- Instructions to follow -
Each line of the listing that contains the word "unmatched" is to be copied.

START Listed entries

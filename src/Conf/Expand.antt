-- ===== src/Conf/Expand.antt =====
-- What `ParseEnv` of pkg/conf/util.go makes of a text.
use woocoo.Base.{
  ℕ, zero, suc, ◌≤◌, ◌≡◌, ◌≢◌, ◌↔◌, ◌∙◌, refl, sym, ap, subst, inl, inr, true, false, [], ◌∷◌, ◌++◌,
  Option, none, some, length, ◌==◌, length-append, Bool-cases, Option-cases, some-eq, arith,
}
use woocoo.Web.{Text}
use woocoo.Conf.Env.{
  is_name, braced, not_empty, matched_name, trimmed_name, replace_from, has_match, parse_env,
}

-- Every character may stand in a name.
abbrev pub AllName : Text → Type 0
AllName [] = Unit
AllName (c ∷ s) = (is_name c ≡ true) × AllName s

-- "${", a name that is not empty, "}", and the rest.
abbrev pub Placeholder : (name rest : Text) → Text
Placeholder name rest = b'$' ∷ b'{' ∷ (name ++ b'}' ∷ rest)

abbrev pub IsPlaceholder : (s name rest : Text) → Type 0
IsPlaceholder s name rest = (s ≡ Placeholder name rest) × AllName name × (name ≢ [])

-- The texts that stand for a text in an environment, read from the left: a placeholder stands for the
-- value of its name without blanks around it, and a character that begins no placeholder for itself.
pub data Expands (env : Text → Text) : Text → Text → Type 0 where
  end : Expands env [] []
  replaced :
      (s name rest out : Text)
      → IsPlaceholder s name rest
      → Expands env rest out
      → Expands env s (env (trimmed_name name) ++ out)
  plain :
      (c : ℕ) (s out : Text)
      → ((name rest : Text) → ¬ (IsPlaceholder (c ∷ s) name rest))
      → Expands env s out
      → Expands env (c ∷ s) (c ∷ out)

braced-found :
    (s name : Text)
    → braced s ≡ some name
    → (rest : Text) × (s ≡ name ++ b'}' ∷ rest) × AllName name
unfolding braced
braced-found [] name h = absurd cc
braced-found (c ∷ s) name h = elim (Bool-cases (is_name c)) [
  | inl named ↦ elim (Option-cases (braced s)) [
    | inl open_end ↦ absurd (let g = rw (braced, named, open_end) at h in cc)
    | inr (inner, found) ↦
        let same : c ∷ inner ≡ name = some-eq (rw (braced, named, found) at h) in
        let (rest, e, all) = braced-found s inner found in
        subst (λ (n : Text). (rest : Text) × (c ∷ s ≡ n ++ b'}' ∷ rest) × AllName n) same
          (rest, ap (λ t. c ∷ t) e, (named, all))
  ]
  | inr no_name ↦ elim (Bool-cases (c == b'}')) [
    | inl brace ↦
        let same : [] ≡ name = some-eq (rw (braced, no_name, brace) at h) in
        let close : c ≡ b'}' = ground arith in
        subst (λ (n : Text). (rest : Text) × (c ∷ s ≡ n ++ b'}' ∷ rest) × AllName n) same
          (s, ap (λ d. d ∷ s) close, tt)
    | inr other ↦ absurd (let g = rw (braced, no_name, other) at h in cc)
  ]
]

braced-full : (name rest : Text) → AllName name → braced (name ++ b'}' ∷ rest) ≡ some name
unfolding braced
braced-full [] rest all = refl
braced-full (c ∷ name) rest (named, all) = rw (braced, named, braced-full name rest all) refl

not_empty-found :
    (o : Option Text) (name : Text) → not_empty o ≡ some name → (o ≡ some name) × (name ≢ [])
not_empty-found none name h = absurd cc
not_empty-found (some []) name h = absurd cc
not_empty-found (some (c ∷ cs)) name h = (h, λ e. (let g = h ∙ ap some e in cc))

matched_name-found :
    (s name : Text) → matched_name s ≡ some name → (rest : Text) × IsPlaceholder s name rest
unfolding matched_name
matched_name-found [] name h = absurd cc
matched_name-found (d ∷ []) name h = absurd cc
matched_name-found (d ∷ b ∷ s) name h = elim (Bool-cases (d == b'$')) [
  | inr other ↦ absurd (let g = rw (matched_name, other) at h in cc)
  | inl dollar ↦ elim (Bool-cases (b == b'{')) [
    | inr other ↦ absurd (let g = rw (matched_name, dollar, other) at h in cc)
    | inl open_brace ↦
        let (found, ne) =
          not_empty-found (braced s) name (rw (matched_name, dollar, open_brace) at h) in
        let (rest, e, all) = braced-found s name found in
        let d_is : d ≡ b'$' = ground arith in
        let b_is : b ≡ b'{' = ground arith in (rest, (λ i. d_is i ∷ b_is i ∷ e i, all, ne))
  ]
]

matched_name-full :
    (name rest : Text) → AllName name → name ≢ [] → matched_name (Placeholder name rest) ≡ some name
unfolding matched_name
matched_name-full [] rest all ne = absurd (ne refl)
matched_name-full (c ∷ name) rest all ne = ap not_empty (braced-full (c ∷ name) rest all)

module _ (env : Text → Text) where
  replace_from-over :
      (name rest : Text)
      → replace_from env (suc (length name)) (name ++ b'}' ∷ rest) ≡ replace_from env zero rest
  unfolding replace_from
  replace_from-over [] rest = refl
  replace_from-over (c ∷ name) rest = replace_from-over name rest

  replace_from-placeholder :
      (name rest : Text)
      → AllName name
      → name ≢ []
      → replace_from env zero (Placeholder name rest)
        ≡ env (trimmed_name name) ++ replace_from env zero rest
  unfolding replace_from
  replace_from-placeholder name rest all ne =
      rw (replace_from, matched_name-full name rest all ne)
        (ap (λ t. env (trimmed_name name) ++ t) (replace_from-over name rest))

  replace_from-plain :
      (c : ℕ) (s : Text)
      → matched_name (c ∷ s) ≡ none
      → replace_from env zero (c ∷ s) ≡ c ∷ replace_from env zero s
  unfolding replace_from
  replace_from-plain c s unmatched = rw (replace_from, unmatched) refl

  not-IsPlaceholder :
      (s : Text) → matched_name s ≡ none → (name rest : Text) → ¬ (IsPlaceholder s name rest)
  not-IsPlaceholder s unmatched name rest (e, all, ne) =
      let g : none ≡ some name =
        sym unmatched ∙ ap matched_name e ∙ matched_name-full name rest all ne in
      cc

  replace_from-Expands : (n : ℕ) (s : Text) → length s ≤ n → Expands env s (replace_from env zero s)
  unfolding replace_from
  replace_from-Expands n [] le = end
  replace_from-Expands zero (c ∷ s) le = absurd (omega arith)
  replace_from-Expands (suc n) (c ∷ s) le = elim (Option-cases (matched_name (c ∷ s))) [
    | inl unmatched ↦
        subst (λ t. Expands env (c ∷ s) t) (sym (replace_from-plain c s unmatched))
          (plain c s (replace_from env zero s) (not-IsPlaceholder (c ∷ s) unmatched)
            (replace_from-Expands n s (omega arith)))
    | inr (name, found) ↦
        let (rest, (e, all, ne)) = matched_name-found (c ∷ s) name found in
        let shorter : length rest ≤ n =
          (let long = ap length e in
            let sum = length-append name (b'}' ∷ rest) in omega (arith, le, long, sum)) in
        subst (λ t. Expands env (c ∷ s) t)
          (sym (ap (replace_from env zero) e ∙ replace_from-placeholder name rest all ne))
          (replaced (c ∷ s) name rest (replace_from env zero rest) (e, all, ne)
            (replace_from-Expands n rest shorter))
  ]

  Expands-replace_from : {s out : Text} → Expands env s out → out ≡ replace_from env zero s
  unfolding replace_from
  Expands-replace_from end = refl
  Expands-replace_from (replaced s name rest out (e, all, ne) expands) =
      ap (λ t. env (trimmed_name name) ++ t) (Expands-replace_from expands)
      ∙ sym (ap (replace_from env zero) e ∙ replace_from-placeholder name rest all ne)
  Expands-replace_from (plain c s out unmatched expands) =
      elim (Option-cases (matched_name (c ∷ s))) [
        | inl none_there ↦
            ap (λ t. c ∷ t) (Expands-replace_from expands) ∙ sym (replace_from-plain c s none_there)
        | inr (name, found) ↦
            let (rest, is) = matched_name-found (c ∷ s) name found in
            absurd (unmatched name rest is)
      ]

  replace_from-no_match : (s : Text) → has_match s ≡ false → replace_from env zero s ≡ s
  unfolding has_match replace_from
  replace_from-no_match [] h = refl
  replace_from-no_match (c ∷ s) h = elim (Option-cases (matched_name (c ∷ s))) [
    | inl unmatched ↦
        replace_from-plain c s unmatched
        ∙ ap (λ t. c ∷ t) (replace_from-no_match s (rw (has_match, unmatched) at h))
    | inr (name, found) ↦ absurd (let g = rw (has_match, found) at h in cc)
  ]

  parse_env-replace : (src : Text) → parse_env env src ≡ replace_from env zero src
  unfolding parse_env
  parse_env-replace src = elim (Bool-cases (has_match src)) [
    | inl some_match ↦ rw some_match
    | inr no_match ↦ rw no_match (sym (replace_from-no_match src no_match))
  ]

-- `ParseEnv` gives the one text that stands for its argument in the environment: read from the left,
-- each "${name}" with a name of letters, digits, "_" and blanks is replaced by the variable of that
-- name without the blanks around it, what was replaced is not read again, and all else is kept.
pub parse_env_iff :
    (env : Text → Text) (src out : Text) → Expands env src out ↔ (out ≡ parse_env env src)
parse_env_iff env src out = (
  λ expands. Expands-replace_from env expands ∙ sym (parse_env-replace env src),
  λ e.
      subst (λ t. Expands env src t) (sym (e ∙ parse_env-replace env src))
        (replace_from-Expands env (length src) src (omega arith)),
)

END Listed entries

- Solution for this problem -
  replace_from-plain c s unmatched = rw (replace_from, unmatched) refl
  not-IsPlaceholder s unmatched name rest (e, all, ne) =
        sym unmatched ∙ ap matched_name e ∙ matched_name-full name rest all ne in
    | inl unmatched ↦
        subst (λ t. Expands env (c ∷ s) t) (sym (replace_from-plain c s unmatched))
          (plain c s (replace_from env zero s) (not-IsPlaceholder (c ∷ s) unmatched)
  Expands-replace_from (plain c s out unmatched expands) =
            absurd (unmatched name rest is)
    | inl unmatched ↦
        replace_from-plain c s unmatched
        ∙ ap (λ t. c ∷ t) (replace_from-no_match s (rw (has_match, unmatched) at h))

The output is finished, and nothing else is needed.